Syntax is a set of rules in a language. It dictates how words from different parts of speech are put
together in order to convey a complete thought. The general word order of an English sentence is
“subject+verb+object.” In poetry, however, the word order may be shifted to achieve certain artistic
effects such as producing rhythm or melody in the lines, achieving emphasis, heightening connection
between two words, etc. the unique syntax used in poetry makes it different from prose.

Antithesis – the juxtaposition of contrasting ideas in balanced phrases or clauses.

Ex. An empty wallet is a heavy burden to carry.

The hardest thing to do is to do nothing.

Apostrophe – someone absent or non-existing person or thing is addressed as if present and capable of
understanding or replying.

Ex. Ambition, you have been a cruel master.

Asyndeton – the deliberate omission of conjunctions from a series of related clauses.

Ex. I came, I saw, I conquered. – Alexander the great

Chiasmus – two or more clauses are related to each other through a reversal structures in order to make
a larger point; that is, the clauses display inverted parallelism.

Ex. The heart of education is the education of the heart.

While it is nice to be important, it is more important to be nice.

Oxymoron – two opposite ideas are joined to create an effect.

Ex. I have to be cruel in order to be kind.

Pun – a play on words, sometimes on different senses of the same word and sometimes on the similar
sense or sound of different words.

Ex. Santa’s helpers are known as subordinate clauses.

A boiled egg every morning is hard to beat.

A chicken crossing a street is truly poultry in motion.

A true friend is a friend forever.


Figures of Sound

The poet, unlike the person who uses language to convey only information, chooses words for sound as
well as for meaning, and uses the sound as a means of reinforcing meaning. Figures of sound or sound
effect devices or verbal music is one of the important resources that enable the part to do something
more than communicate mere information. The poet may indeed sometimes preserve verbal music for
its own sake; more often, at least in first rate poetry, it is adjunct to the total meaning or communication
of the poem.

Alliteration – the repetition of usually initial consonant sounds in two or more neighboring words or
syllables. It is also called “head rhyme, initial rhyme”

Ex. Full fathom five my father lies.

Break, break, break at the foot of Crags, O sea!

Wild and woolly; threatening throngs; babbling brook

Anaphora – repetition of a word or expression at the beginning of successive phrases, clauses,


sentences, or verses especially for rhetorical of poetic effect.

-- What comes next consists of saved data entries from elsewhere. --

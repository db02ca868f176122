-- ===== src/Impact/Push.antt =====
-- What a round of the search does, as a relation.
use soroban_upgrades.Base.{
  ℕ, ◌+◌, ◌≤◌, ◌<◌, String, ◌≡◌, refl, sym, ap, ◌∙◌, subst, ◌≢◌, ◌↔◌, ◌⊎◌, inl, inr, false, List,
  [], ◌∷◌, In, In-filter, In-reverse, reverse, length, arith, str_eq, eq_iff, Bool-cases, leb,
}
use soroban_upgrades.Base.Order.{string_ord, list_ord}
use soroban_upgrades.Base.BTreeSet
use soroban_upgrades.Base.BTreeSet.{BTreeSet}
use soroban_upgrades.Artifact.{TypeReference}
use soroban_upgrades.Report.{ImpactStep, step_ord}
use soroban_upgrades.Impact.{
  Pending, follow, push_edges, edges_from, go, push_all, round, max_public_impact_depth,
  max_public_impact_paths, max_public_impact_steps,
}

-- Where the limit is not met, the pushed entries are those of the edges.
In-push_edges :
    (visited : ℕ) (steps : List ImpactStep) (active : BTreeSet String) (edges : List TypeReference)
    (pending : List Pending) (q : Pending)
    → (push_edges visited steps active edges pending).1 ≡ false
    → In q (push_edges visited steps active edges pending).0
      ↔ (In q pending ⊎ ((e : TypeReference) × In e edges × (q ≡ follow steps active e)))
unfolding push_edges
In-push_edges visited steps active [] pending q h =
    (inl, λ m. elim m [ inl a ↦ a | inr b ↦ absurd b.1 ])
In-push_edges visited steps active (e ∷ edges) pending q h =
    elim (Bool-cases (leb max_public_impact_steps (length pending + visited))) [
      | inl full ↦ absurd (ground arith)
      | inr room ↦
          let rest =
            In-push_edges visited steps active edges (follow steps active e ∷ pending) q
              (ground arith) in
          rw room (
            λ m. elim (rest.0 m) [
              | inl (inl same) ↦ inr (e, inl refl, same)
              | inl (inr old) ↦ inl old
              | inr (d, i, same) ↦ inr (d, inr i, same)
            ],
            λ m. elim m [
              | inl old ↦ rest.1 (inl (inr old))
              | inr (d, inl first, same) ↦
                  rest.1 (inl (inl (same ∙ ap (follow steps active) first)))
              | inr (d, inr i, same) ↦ rest.1 (inr (d, i, same))
            ],
          )
    ]

module _ (references : List TypeReference) (target_type : String) where
  -- `e` is an edge out of the type `current`.
  abbrev pub IsEdge : String → TypeReference → Type 0
  IsEdge current e = In e references × (e.owner_type ≡ current)

  In-edges_from :
      (current : String) (e : TypeReference)
      → In e (edges_from references current) ↔ IsEdge current e
  In-edges_from current e =
      let kept =
        In-filter (λ (d : TypeReference). str_eq d.owner_type current) e (reverse references) in
      let same = eq_iff e.owner_type current in
      let turned = In-reverse e references in
      (λ m. (turned.0 (kept.0 m).0, same.0 (kept.0 m).1), λ (i, o). kept.1 (turned.1 i, same.1 o))

  -- A round that meets no limit: it records a route, skips a type on its own route, or opens a type.
  pub data Round (p : Pending) (rest : List Pending) (result : BTreeSet (List ImpactStep))
      (pending : List Pending) (result' : BTreeSet (List ImpactStep)) : Type 0 where
    hit :
        p.current ≡ target_type
        → pending ≡ rest
        → result' ≡ BTreeSet.insert p.steps result
        → Round p rest result pending result'
    skip :
        p.current ≢ target_type
        → In p.current p.active_types
        → pending ≡ rest
        → result' ≡ result
        → Round p rest result pending result'
    expand :
        p.current ≢ target_type
        → ¬ In p.current p.active_types
        → ((q : Pending)
            → In q pending ↔ (
                In q rest
                ⊎ ((e : TypeReference) × IsEdge p.current e
                    × (q ≡ follow p.steps (BTreeSet.insert p.current p.active_types) e))))
        → result' ≡ result
        → Round p rest result pending result'

  In-push_all :
      (visited : ℕ) (p : Pending) (rest : List Pending) (result : BTreeSet (List ImpactStep))
      (pending : List Pending) (result' : BTreeSet (List ImpactStep)) (q : Pending)
      → push_all references target_type visited p rest result ≡ go pending result'
      → In q pending ↔ (
          In q rest
          ⊎ ((e : TypeReference) × IsEdge p.current e
              × (q ≡ follow p.steps (BTreeSet.insert p.current p.active_types) e)))
  unfolding push_all
  In-push_all visited p rest result pending result' q h =
      let active = BTreeSet.insert p.current p.active_types in
      let edges = edges_from references p.current in
      let pushed = push_edges visited p.steps active edges rest in
      let ok' : pushed.1 ≡ false = ground arith in
      let same : pushed.0 ≡ pending = ground arith in
      let members = In-push_edges visited p.steps active edges rest q ok' in
      (
        λ m. elim (members.0 (subst (In q) (sym same) m)) [
          | inl old ↦ inl old
          | inr (e, i, r) ↦ inr (e, (In-edges_from p.current e).0 i, r)
        ],
        λ m. subst (In q) same (elim m [
          | inl old ↦ members.1 (inl old)
          | inr (e, i, r) ↦ members.1 (inr (e, (In-edges_from p.current e).1 i, r))
        ]),
      )

  result-push_all :
      (visited : ℕ) (p : Pending) (rest : List Pending) (result : BTreeSet (List ImpactStep))
      (pending : List Pending) (result' : BTreeSet (List ImpactStep))
      → push_all references target_type visited p rest result ≡ go pending result'
      → result' ≡ result
  unfolding push_all
  result-push_all visited p rest result pending result' h = ground arith

  module _ (visited : ℕ) (p : Pending) (rest : List Pending) (result : BTreeSet (List ImpactStep))
      (pending : List Pending) (result' : BTreeSet (List ImpactStep))
      (h : round references target_type visited p rest result ≡ go pending result') where
    pub round_limits :
        (visited ≤ max_public_impact_steps)
        × (length p.steps ≤ max_public_impact_depth)
        × (length result < max_public_impact_paths)
    unfolding round
    round_limits = ground arith

    pub advance_lem : Round p rest result pending result'
    unfolding round
    advance_lem = elim (Bool-cases (str_eq p.current target_type)) [
      | inl same ↦ hit ((eq_iff p.current target_type).0 same) (ground arith) (ground arith)
      | inr other ↦
          let ne : p.current ≢ target_type = λ e. ground (arith, eq_iff p.current target_type) in
          elim (Bool-cases (BTreeSet.contains p.current p.active_types)) [
            | inl old ↦
                skip ne ((BTreeSet.contains_iff p.current p.active_types).0 old) (ground arith)
                  (ground arith)
            | inr new ↦
                let pushed : push_all references target_type visited p rest result
                    ≡ go pending result' =
                  ground arith in
                expand ne (λ m. ground (arith, BTreeSet.contains_iff p.current p.active_types))
                  (λ q. In-push_all visited p rest result pending result' q pushed)
                  (result-push_all visited p rest result pending result' pushed)
          ]
    ]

Ex. Judge not, be not judged.

A true friend is a friend forever.

We cannot dedicate- we cannot consecrate- we cannot hallow- this ground. – Lincoln

Assonance – repetition of vowels without repetition of consonants used as alternative to rhyme in verse.

Ex. Men sell the wedding bells.

Stony and holy

Summer fun; rise high in the bright sky

Cacophony – harshness in the sound of words or phrases.

Ex. They cleave the gloom of dreams a blinking flame, clanging, clanging, upon the heart as upon an evil.

Consonance – recurrence or repetition of consonants especially at the end of stressed syllables without
the similar corresponding of vowels.

Ex. O stroke and luck.


Euphony – a harmonious succession of words having a pleasing sound.

Ex. Once I had a lover bright like running water. His face was laughing like the sky, open like the sky.